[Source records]
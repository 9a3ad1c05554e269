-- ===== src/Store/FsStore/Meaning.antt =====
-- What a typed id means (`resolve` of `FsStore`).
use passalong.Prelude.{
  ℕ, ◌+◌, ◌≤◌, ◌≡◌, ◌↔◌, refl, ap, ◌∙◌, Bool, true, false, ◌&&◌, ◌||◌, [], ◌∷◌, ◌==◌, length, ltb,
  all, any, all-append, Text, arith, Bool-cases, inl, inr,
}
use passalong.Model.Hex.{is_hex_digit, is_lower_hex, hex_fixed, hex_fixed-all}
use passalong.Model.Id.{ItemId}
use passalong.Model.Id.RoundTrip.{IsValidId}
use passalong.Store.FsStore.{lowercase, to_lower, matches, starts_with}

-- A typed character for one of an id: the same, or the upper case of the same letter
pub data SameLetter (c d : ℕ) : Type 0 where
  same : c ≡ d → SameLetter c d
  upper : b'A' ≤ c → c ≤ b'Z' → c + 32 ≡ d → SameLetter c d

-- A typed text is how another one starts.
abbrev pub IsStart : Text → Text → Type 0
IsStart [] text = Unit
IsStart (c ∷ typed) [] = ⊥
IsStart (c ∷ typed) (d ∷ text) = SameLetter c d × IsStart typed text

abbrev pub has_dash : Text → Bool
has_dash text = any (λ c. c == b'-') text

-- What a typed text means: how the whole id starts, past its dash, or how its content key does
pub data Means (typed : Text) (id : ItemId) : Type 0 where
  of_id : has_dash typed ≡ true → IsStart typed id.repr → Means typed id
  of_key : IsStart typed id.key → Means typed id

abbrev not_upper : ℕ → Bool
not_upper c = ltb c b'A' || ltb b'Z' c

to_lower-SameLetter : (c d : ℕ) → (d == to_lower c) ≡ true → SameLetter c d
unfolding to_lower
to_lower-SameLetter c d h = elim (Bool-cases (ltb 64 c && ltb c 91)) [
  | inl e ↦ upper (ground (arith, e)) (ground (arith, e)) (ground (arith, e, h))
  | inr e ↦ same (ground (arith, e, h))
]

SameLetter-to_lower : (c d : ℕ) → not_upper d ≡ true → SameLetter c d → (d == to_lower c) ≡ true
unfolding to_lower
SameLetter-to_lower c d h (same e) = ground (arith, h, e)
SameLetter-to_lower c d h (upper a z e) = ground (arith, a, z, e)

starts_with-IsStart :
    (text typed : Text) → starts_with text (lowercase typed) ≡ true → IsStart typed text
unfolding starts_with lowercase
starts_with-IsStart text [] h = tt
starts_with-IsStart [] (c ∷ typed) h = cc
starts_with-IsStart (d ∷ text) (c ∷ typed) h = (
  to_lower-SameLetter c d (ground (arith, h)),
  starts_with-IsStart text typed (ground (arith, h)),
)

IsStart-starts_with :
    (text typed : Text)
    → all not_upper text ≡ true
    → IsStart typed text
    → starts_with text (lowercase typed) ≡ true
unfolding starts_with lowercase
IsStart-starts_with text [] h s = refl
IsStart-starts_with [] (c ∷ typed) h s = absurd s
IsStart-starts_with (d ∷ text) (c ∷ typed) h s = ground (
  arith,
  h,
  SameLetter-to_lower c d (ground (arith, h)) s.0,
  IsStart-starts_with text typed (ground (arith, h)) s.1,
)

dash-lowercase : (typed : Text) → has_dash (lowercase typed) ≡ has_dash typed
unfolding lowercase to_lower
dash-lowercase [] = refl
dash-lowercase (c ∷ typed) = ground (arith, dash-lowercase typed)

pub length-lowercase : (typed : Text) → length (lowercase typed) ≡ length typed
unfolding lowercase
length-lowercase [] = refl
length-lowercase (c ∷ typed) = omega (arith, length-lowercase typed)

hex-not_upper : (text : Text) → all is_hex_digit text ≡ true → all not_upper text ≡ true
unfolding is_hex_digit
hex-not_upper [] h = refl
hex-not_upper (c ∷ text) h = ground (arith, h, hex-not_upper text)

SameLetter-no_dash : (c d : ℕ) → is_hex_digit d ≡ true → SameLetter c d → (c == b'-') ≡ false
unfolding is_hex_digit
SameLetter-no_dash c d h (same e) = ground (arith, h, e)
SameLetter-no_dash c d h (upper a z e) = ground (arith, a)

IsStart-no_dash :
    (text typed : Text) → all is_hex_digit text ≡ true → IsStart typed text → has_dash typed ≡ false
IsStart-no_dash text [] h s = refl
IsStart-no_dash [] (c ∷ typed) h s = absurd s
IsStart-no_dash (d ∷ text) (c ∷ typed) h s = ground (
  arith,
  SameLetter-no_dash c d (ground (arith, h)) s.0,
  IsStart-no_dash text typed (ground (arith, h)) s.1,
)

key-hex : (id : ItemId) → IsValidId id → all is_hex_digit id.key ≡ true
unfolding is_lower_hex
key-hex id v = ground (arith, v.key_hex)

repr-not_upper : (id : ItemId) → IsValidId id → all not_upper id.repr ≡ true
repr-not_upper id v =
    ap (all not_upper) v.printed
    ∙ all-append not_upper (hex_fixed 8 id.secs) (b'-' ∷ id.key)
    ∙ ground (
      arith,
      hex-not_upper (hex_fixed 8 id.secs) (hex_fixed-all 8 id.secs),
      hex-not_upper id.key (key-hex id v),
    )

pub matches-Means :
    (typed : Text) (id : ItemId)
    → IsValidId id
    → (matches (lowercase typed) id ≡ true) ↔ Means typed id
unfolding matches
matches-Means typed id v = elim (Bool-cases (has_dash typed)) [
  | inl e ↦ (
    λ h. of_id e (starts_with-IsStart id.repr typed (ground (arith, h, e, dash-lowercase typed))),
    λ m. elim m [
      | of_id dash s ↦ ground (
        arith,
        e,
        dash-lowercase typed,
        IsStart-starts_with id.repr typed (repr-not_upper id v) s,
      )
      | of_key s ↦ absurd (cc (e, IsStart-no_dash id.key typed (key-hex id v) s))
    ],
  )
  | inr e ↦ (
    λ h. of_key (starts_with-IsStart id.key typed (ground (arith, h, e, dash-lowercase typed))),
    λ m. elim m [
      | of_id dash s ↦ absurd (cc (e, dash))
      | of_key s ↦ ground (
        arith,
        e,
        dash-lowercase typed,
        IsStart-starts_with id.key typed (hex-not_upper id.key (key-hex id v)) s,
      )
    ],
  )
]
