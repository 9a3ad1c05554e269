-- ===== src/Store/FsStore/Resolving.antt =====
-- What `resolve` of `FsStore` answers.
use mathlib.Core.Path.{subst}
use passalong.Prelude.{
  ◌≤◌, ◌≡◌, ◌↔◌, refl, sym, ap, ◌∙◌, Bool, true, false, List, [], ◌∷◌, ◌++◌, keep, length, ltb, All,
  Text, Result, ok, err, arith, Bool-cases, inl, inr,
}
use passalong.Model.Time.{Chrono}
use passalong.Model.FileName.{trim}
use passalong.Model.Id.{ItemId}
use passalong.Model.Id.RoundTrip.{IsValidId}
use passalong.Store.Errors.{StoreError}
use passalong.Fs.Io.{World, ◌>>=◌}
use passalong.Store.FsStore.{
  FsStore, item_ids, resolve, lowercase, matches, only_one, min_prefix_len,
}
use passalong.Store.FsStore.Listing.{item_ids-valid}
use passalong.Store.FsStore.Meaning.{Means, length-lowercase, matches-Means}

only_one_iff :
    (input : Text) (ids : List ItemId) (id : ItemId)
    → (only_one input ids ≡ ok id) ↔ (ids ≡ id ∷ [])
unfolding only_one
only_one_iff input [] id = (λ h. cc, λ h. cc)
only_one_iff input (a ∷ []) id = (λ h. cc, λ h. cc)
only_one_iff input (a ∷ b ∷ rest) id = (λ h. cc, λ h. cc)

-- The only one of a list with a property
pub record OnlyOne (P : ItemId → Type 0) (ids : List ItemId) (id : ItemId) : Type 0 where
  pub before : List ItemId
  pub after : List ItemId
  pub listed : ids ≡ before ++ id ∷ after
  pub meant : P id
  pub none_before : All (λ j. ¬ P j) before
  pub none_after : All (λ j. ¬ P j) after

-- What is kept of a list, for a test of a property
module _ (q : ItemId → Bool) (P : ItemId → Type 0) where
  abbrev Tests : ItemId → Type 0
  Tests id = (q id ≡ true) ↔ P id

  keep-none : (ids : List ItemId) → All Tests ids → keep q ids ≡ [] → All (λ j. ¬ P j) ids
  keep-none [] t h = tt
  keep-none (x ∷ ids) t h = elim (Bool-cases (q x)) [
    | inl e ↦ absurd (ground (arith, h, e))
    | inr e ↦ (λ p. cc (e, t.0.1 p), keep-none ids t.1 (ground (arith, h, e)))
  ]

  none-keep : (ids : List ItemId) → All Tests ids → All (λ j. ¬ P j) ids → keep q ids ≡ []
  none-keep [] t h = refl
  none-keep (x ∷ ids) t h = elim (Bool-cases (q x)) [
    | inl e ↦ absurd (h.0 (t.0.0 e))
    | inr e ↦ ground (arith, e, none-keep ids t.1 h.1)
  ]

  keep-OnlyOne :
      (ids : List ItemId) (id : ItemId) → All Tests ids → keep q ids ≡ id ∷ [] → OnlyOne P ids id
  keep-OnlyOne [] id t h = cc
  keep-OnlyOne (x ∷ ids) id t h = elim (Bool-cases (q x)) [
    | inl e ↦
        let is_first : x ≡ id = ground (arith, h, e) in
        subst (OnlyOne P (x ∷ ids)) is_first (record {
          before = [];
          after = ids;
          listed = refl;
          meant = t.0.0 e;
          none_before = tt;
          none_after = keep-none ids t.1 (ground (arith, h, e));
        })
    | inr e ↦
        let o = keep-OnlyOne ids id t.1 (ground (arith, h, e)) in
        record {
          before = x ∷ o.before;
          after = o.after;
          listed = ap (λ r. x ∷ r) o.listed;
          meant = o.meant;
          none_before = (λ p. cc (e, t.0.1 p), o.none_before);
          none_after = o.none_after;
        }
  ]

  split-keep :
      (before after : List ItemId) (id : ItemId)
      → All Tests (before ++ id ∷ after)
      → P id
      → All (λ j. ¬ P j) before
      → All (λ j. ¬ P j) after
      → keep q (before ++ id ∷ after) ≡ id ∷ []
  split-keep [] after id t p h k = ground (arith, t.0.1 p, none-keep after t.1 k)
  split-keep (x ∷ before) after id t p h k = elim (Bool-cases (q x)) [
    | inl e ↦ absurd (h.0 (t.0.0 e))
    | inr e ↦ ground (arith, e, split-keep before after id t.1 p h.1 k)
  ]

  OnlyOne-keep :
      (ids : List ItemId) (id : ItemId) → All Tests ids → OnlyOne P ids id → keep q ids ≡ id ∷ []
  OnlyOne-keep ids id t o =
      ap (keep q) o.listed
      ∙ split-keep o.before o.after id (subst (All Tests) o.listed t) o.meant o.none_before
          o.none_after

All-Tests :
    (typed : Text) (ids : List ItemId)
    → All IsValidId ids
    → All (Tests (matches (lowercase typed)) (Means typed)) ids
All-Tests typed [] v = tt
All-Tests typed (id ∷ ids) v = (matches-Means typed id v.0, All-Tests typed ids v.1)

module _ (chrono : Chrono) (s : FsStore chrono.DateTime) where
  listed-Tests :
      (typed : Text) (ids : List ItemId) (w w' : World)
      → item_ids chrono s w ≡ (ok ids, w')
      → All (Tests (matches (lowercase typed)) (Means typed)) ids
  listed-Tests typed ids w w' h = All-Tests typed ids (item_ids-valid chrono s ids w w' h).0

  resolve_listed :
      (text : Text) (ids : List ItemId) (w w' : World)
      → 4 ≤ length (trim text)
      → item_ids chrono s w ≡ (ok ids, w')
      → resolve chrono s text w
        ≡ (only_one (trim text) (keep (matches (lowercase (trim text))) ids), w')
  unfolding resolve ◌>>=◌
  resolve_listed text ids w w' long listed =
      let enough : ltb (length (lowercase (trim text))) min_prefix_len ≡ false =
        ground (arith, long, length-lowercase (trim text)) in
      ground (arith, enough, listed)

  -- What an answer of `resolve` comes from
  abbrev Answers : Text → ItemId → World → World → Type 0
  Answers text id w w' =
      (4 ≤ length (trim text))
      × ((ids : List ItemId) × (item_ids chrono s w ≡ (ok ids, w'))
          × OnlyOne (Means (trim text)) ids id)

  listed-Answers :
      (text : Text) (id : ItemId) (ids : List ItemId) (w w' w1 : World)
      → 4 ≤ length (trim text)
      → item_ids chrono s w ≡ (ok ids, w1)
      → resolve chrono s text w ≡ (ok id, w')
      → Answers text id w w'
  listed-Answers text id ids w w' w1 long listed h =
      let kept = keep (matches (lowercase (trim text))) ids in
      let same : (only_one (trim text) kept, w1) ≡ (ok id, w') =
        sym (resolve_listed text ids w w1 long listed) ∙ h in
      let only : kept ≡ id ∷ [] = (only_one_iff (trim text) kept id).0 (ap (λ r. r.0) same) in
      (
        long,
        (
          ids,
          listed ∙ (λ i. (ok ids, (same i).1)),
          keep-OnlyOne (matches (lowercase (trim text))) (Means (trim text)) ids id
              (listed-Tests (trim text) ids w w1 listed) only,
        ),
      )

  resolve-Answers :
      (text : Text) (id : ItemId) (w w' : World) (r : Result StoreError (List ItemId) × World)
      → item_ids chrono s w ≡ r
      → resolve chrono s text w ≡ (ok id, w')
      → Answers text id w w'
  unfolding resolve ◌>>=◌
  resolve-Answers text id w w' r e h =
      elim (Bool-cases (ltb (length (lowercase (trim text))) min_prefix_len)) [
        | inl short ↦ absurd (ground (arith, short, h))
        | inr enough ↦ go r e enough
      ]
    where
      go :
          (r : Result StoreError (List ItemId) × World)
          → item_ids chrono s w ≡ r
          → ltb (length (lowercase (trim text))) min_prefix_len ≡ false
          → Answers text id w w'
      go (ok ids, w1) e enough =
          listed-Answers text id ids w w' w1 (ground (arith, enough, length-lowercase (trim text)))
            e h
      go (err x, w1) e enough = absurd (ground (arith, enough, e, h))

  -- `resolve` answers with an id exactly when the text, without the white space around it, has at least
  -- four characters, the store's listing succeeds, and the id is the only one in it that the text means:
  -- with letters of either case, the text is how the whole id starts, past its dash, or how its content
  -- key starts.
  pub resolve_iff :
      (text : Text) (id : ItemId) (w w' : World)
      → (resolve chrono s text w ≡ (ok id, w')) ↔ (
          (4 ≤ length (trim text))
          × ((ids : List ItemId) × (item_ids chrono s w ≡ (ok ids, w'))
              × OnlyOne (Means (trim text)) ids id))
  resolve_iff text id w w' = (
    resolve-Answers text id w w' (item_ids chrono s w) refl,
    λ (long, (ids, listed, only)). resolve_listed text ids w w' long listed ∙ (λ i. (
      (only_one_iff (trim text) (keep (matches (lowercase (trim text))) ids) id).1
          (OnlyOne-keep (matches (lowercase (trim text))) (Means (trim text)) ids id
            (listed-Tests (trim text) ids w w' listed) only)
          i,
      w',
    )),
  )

#### YOUR TASK
Please give back, exactly as it stands above, the stretch from the line with "elim (Bool-cases (ltb (length" through the line with "(only_one_iff (trim text) (keep", and no line outside it.

#### ANSWER BOX
      elim (Bool-cases (ltb (length (lowercase (trim text))) min_prefix_len)) [
        | inl short ↦ absurd (ground (arith, short, h))
        | inr enough ↦ go r e enough
      ]
    where
      go :
          (r : Result StoreError (List ItemId) × World)
          → item_ids chrono s w ≡ r
          → ltb (length (lowercase (trim text))) min_prefix_len ≡ false
          → Answers text id w w'
      go (ok ids, w1) e enough =
          listed-Answers text id ids w w' w1 (ground (arith, enough, length-lowercase (trim text)))
            e h
      go (err x, w1) e enough = absurd (ground (arith, enough, e, h))

  -- `resolve` answers with an id exactly when the text, without the white space around it, has at least
  -- four characters, the store's listing succeeds, and the id is the only one in it that the text means:
  -- with letters of either case, the text is how the whole id starts, past its dash, or how its content
  -- key starts.
  pub resolve_iff :
      (text : Text) (id : ItemId) (w w' : World)
      → (resolve chrono s text w ≡ (ok id, w')) ↔ (
          (4 ≤ length (trim text))
          × ((ids : List ItemId) × (item_ids chrono s w ≡ (ok ids, w'))
              × OnlyOne (Means (trim text)) ids id))
  resolve_iff text id w w' = (
    resolve-Answers text id w w' (item_ids chrono s w) refl,
    λ (long, (ids, listed, only)). resolve_listed text ids w w' long listed ∙ (λ i. (
      (only_one_iff (trim text) (keep (matches (lowercase (trim text))) ids) id).1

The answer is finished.